How many lines of the records hold the string "from"? Reply with the number alone.

=== Begin Enclosure ===

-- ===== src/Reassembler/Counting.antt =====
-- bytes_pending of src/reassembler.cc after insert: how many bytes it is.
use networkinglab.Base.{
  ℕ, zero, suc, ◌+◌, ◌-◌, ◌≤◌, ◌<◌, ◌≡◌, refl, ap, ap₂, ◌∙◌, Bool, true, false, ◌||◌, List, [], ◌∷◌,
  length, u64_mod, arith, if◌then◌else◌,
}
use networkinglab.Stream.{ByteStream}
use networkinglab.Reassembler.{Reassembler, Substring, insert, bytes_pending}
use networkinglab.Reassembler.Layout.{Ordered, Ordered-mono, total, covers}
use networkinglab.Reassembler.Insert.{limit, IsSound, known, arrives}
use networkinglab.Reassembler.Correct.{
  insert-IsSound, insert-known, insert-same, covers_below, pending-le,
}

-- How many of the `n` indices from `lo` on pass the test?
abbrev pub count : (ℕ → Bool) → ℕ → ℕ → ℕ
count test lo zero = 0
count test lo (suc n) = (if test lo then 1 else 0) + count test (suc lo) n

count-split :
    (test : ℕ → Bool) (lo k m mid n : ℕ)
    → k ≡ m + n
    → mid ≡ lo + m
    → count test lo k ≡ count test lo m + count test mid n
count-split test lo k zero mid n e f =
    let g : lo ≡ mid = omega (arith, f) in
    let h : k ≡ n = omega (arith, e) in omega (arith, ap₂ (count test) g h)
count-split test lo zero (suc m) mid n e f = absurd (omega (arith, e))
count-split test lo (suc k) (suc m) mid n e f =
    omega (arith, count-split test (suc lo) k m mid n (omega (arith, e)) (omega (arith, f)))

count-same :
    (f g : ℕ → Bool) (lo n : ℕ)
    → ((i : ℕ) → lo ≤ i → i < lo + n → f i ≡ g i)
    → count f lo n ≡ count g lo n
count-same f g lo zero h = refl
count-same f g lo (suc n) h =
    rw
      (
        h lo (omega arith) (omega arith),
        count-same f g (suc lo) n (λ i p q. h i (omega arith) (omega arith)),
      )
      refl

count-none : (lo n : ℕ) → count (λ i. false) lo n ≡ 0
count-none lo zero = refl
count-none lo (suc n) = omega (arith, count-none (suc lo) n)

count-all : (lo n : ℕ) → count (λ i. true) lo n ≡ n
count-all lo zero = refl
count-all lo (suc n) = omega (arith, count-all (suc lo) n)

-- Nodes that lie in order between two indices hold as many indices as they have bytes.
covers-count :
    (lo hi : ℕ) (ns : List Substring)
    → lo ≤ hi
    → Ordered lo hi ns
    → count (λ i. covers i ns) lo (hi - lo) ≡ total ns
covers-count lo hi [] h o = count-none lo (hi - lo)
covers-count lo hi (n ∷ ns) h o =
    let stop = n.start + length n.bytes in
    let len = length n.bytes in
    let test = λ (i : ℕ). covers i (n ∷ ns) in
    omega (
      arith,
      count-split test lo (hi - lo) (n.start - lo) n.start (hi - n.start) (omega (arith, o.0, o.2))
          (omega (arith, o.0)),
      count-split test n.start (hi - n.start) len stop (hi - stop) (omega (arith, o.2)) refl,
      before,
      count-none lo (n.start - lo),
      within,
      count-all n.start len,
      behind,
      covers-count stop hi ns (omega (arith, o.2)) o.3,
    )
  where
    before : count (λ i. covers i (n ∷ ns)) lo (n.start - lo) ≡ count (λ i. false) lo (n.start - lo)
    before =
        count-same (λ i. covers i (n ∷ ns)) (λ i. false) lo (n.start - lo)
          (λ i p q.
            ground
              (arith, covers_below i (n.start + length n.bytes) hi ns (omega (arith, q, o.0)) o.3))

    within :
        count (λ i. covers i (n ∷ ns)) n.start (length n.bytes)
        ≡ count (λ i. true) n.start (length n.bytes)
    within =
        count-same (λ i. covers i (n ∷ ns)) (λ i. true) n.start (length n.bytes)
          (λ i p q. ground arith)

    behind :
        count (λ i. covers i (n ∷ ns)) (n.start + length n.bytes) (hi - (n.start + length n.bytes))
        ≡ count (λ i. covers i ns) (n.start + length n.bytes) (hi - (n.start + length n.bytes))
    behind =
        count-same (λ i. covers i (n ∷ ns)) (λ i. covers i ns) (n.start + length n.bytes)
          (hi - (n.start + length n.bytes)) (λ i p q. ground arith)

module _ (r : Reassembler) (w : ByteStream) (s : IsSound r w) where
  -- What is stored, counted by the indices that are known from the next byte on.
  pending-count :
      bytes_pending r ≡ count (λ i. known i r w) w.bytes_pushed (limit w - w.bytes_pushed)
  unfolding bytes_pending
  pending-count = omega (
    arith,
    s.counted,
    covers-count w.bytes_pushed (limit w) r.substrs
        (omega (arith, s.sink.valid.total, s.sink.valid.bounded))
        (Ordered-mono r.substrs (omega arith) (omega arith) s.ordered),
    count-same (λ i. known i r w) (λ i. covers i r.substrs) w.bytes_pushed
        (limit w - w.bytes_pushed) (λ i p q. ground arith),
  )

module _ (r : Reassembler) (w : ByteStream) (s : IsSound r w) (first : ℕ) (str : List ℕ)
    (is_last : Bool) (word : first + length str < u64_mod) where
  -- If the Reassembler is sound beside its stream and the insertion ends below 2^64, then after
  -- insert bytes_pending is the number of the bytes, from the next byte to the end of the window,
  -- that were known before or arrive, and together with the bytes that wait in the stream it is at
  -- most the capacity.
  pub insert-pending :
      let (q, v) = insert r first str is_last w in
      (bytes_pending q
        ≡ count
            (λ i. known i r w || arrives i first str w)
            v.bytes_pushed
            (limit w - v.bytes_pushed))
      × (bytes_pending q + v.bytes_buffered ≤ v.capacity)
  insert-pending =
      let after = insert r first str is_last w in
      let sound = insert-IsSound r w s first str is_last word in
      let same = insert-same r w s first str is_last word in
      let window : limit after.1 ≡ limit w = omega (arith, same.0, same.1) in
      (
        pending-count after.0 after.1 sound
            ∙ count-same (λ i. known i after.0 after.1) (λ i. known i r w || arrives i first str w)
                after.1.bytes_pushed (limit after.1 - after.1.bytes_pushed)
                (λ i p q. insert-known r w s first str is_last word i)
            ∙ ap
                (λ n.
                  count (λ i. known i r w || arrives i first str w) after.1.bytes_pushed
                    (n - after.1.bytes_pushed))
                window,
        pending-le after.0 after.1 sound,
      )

=== End Enclosure ===

■ **SOLUTION TO THE EXERCISE**: 3